Rabattarzneimittel

Diskussion um Opioid-Austausch durch Apotheker

Gutachten: "Der Apotheker darf nicht austauschen!"
Ein Interview mit Harald G. Schweim, Bonn

"Ein Austausch von stark wirksamen Analgetika, ohne die Zusammenarbeit von Arzt und Patient, nur durch den Apotheker, darf nicht erfolgen. Er ist nicht vertretbar, stört das Arzt-Patienten-Verhältnis, ist Compliance-schädlich und kann den Patienten gefährden." Das ist die Quintessenz eines von Prof. Dr. Harald G. Schweim und Prof. Dr. Jürgen Wasem verfassten Gutachtens, das von der Firma Mundipharma in Auftrag gegeben wurde und in der Pharmazeutischen Zeitung [PZ 2008; 153(21) 62 - 66] veröffentlicht worden ist.
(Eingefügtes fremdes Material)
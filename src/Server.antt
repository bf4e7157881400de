-- ===== src/Server.antt =====
-- The server: its configuration, the workers of the ingest service, the processing of reports and
-- the handlers of the web service.
pub mod Config
pub mod Contexts
pub mod Ingest
pub mod WebService
pub mod Workers
pub mod Path
pub mod Handlers
pub mod Sanitize
pub mod Space
pub mod Processor
pub mod Database
pub mod Migration
pub mod Routes
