-- ===== src/Server/Config.antt =====
-- server/internal/common/config/config.go: the allow list, loaded from a file and reloaded when
-- the file changes. Decoding the JSON of the file is a parameter.
pub mod Sound
use ubuntu_insights.Base.{
  Bool, Bytes, List, Option, [], bytes_dec, codes, false, if◌then◌else◌, ite, none, not, some, true,
  ◌||◌, ◌∷◌,
}
use ubuntu_insights.Base.Dict.{Dict, insert, lookup}
use ubuntu_insights.Env.{or_plain}
use ubuntu_insights.System.Files.{read_file}
use ubuntu_insights.System.World.{FilePath, Result, Status, World, done, err, is_ok, ok, path_dec}

-- The names that no application may have.
abbrev pub reserved_names : Dict Bytes (Unit {0})
reserved_names = (codes "ubuntu_report", tt) ∷ (codes "goose_db_version", tt) ∷ []

abbrev pub present {ℓ} : {A : Type ℓ} → Option A → Bool
present none = false
present (some a) = true

-- `_, exists := m[k]`
unfoldable pub in_map : {V : Type 0} → Bytes → Dict Bytes V → Bool
in_map k m = present (lookup bytes_dec k m)

pub record ConfigManager : Type 0 where
  pub allowed_list : List Bytes
  pub allow_set : Dict Bytes (Unit {0})
  pub config_path : FilePath

-- New
abbrev pub new_config_manager : FilePath → ConfigManager
new_config_manager p = record { allowed_list = []; allow_set = []; config_path = p }

unfoldable pub filter_allow_list : List Bytes → List Bytes
filter_allow_list [] = []
filter_allow_list (name ∷ names) =
    let rest = filter_allow_list names in if in_map name reserved_names then rest else name ∷ rest

unfoldable pub add_names : List Bytes → Dict Bytes (Unit {0}) → Dict Bytes (Unit {0})
add_names [] set = set
add_names (name ∷ names) set = add_names names (insert bytes_dec name tt set)

unfoldable pub build_allow_set : List Bytes → Dict Bytes (Unit {0})
build_allow_set names = add_names names []

-- IsAllowed
unfoldable pub is_allowed : ConfigManager → Bytes → Bool
is_allowed cm value = in_map value cm.allow_set

-- AllowList
abbrev pub allow_list : ConfigManager → List Bytes
allow_list cm = cm.allowed_list

-- What one event of the directory's watcher reports.
pub record Event : Type 0 where
  pub is_write : Bool
  pub is_create : Bool
  pub is_rename : Bool
  pub name : FilePath

-- The new configuration, under the lock; on an error the old one stays.
abbrev pub adopt : ConfigManager → Result (List Bytes) → Status × ConfigManager
adopt cm (err e) = (err e, cm)
adopt cm (ok names) =
    let kept = filter_allow_list names in
    (done, record cm { allowed_list = kept; allow_set = build_allow_set kept })

module _ (decode : Bytes → Option (List Bytes)) where
  abbrev pub decoded : Result Bytes → Result (List Bytes)
  decoded (err e) = err e
  decoded (ok b) = or_plain (decode b)

  -- Load: the result, and the manager that it leaves
  unfoldable pub load : ConfigManager → World → (Status × ConfigManager) × World
  load cm w = let (r, w') = read_file cm.config_path w in (adopt cm (decoded r), w')

  -- The loop of Watch on the events of the watcher, until the context is done, with the number of
  -- successful loads that it reports. (The channel of the reports keeps one that nobody has read
  -- and drops the rest.)
  unfoldable pub on_event : ConfigManager → Event → World → (Bool × ConfigManager) × World
  on_event cm event w =
      if not (event.is_write || event.is_create || event.is_rename)
      then ((false, cm), w)
      else if not (ite (path_dec event.name cm.config_path) true false)
      then ((false, cm), w)
      else (let ((r, cm'), w') = load cm w in ((is_ok r, cm'), w'))

  -- A world for each event: what happened to the file in between is not the watcher's doing.
  unfoldable pub on_events : ConfigManager → List (Event × World) → ConfigManager
  on_events cm [] = cm
  on_events cm ((event, w) ∷ l) = on_events (on_event cm event w).0.1 l

  -- Watch: the initial load, then the loop
  unfoldable pub watch : ConfigManager → World → List (Event × World) → ConfigManager
  watch cm w l = on_events (load cm w).0.1 l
Prinzipiell sind Apotheker gesetzlich verpflichtet, auch bei stark wirksamen Analgetika eines der drei preisgünstigsten Arzneimittel oder bei Vorliegen von Rabattverträgen ein Rabattarzneimittel abzugeben, wenn der Arzt aut idem nicht ausgeschlossen hat. Allerdings können Apotheker im konkreten Einzelfall pharmazeutische Bedenken anmelden und von der Abgabe des Rabattarzneimittels Abstand nehmen. Nach dem seit dem 1. April 2008 gültigen Rahmenvertrag – geschlossen zwischen den Spitzenverbänden der Gesetzlichen Krankenkassen und dem Deutschen Apothekerverband (DAV) – haben sie in diesem Fall die Möglichkeit, bei namentlicher Verordnung das verschriebene Präparat abzugeben. Bei nicht-namentlicher Verordnung können sie auf eines der drei preiswertesten Präparate ausweichen.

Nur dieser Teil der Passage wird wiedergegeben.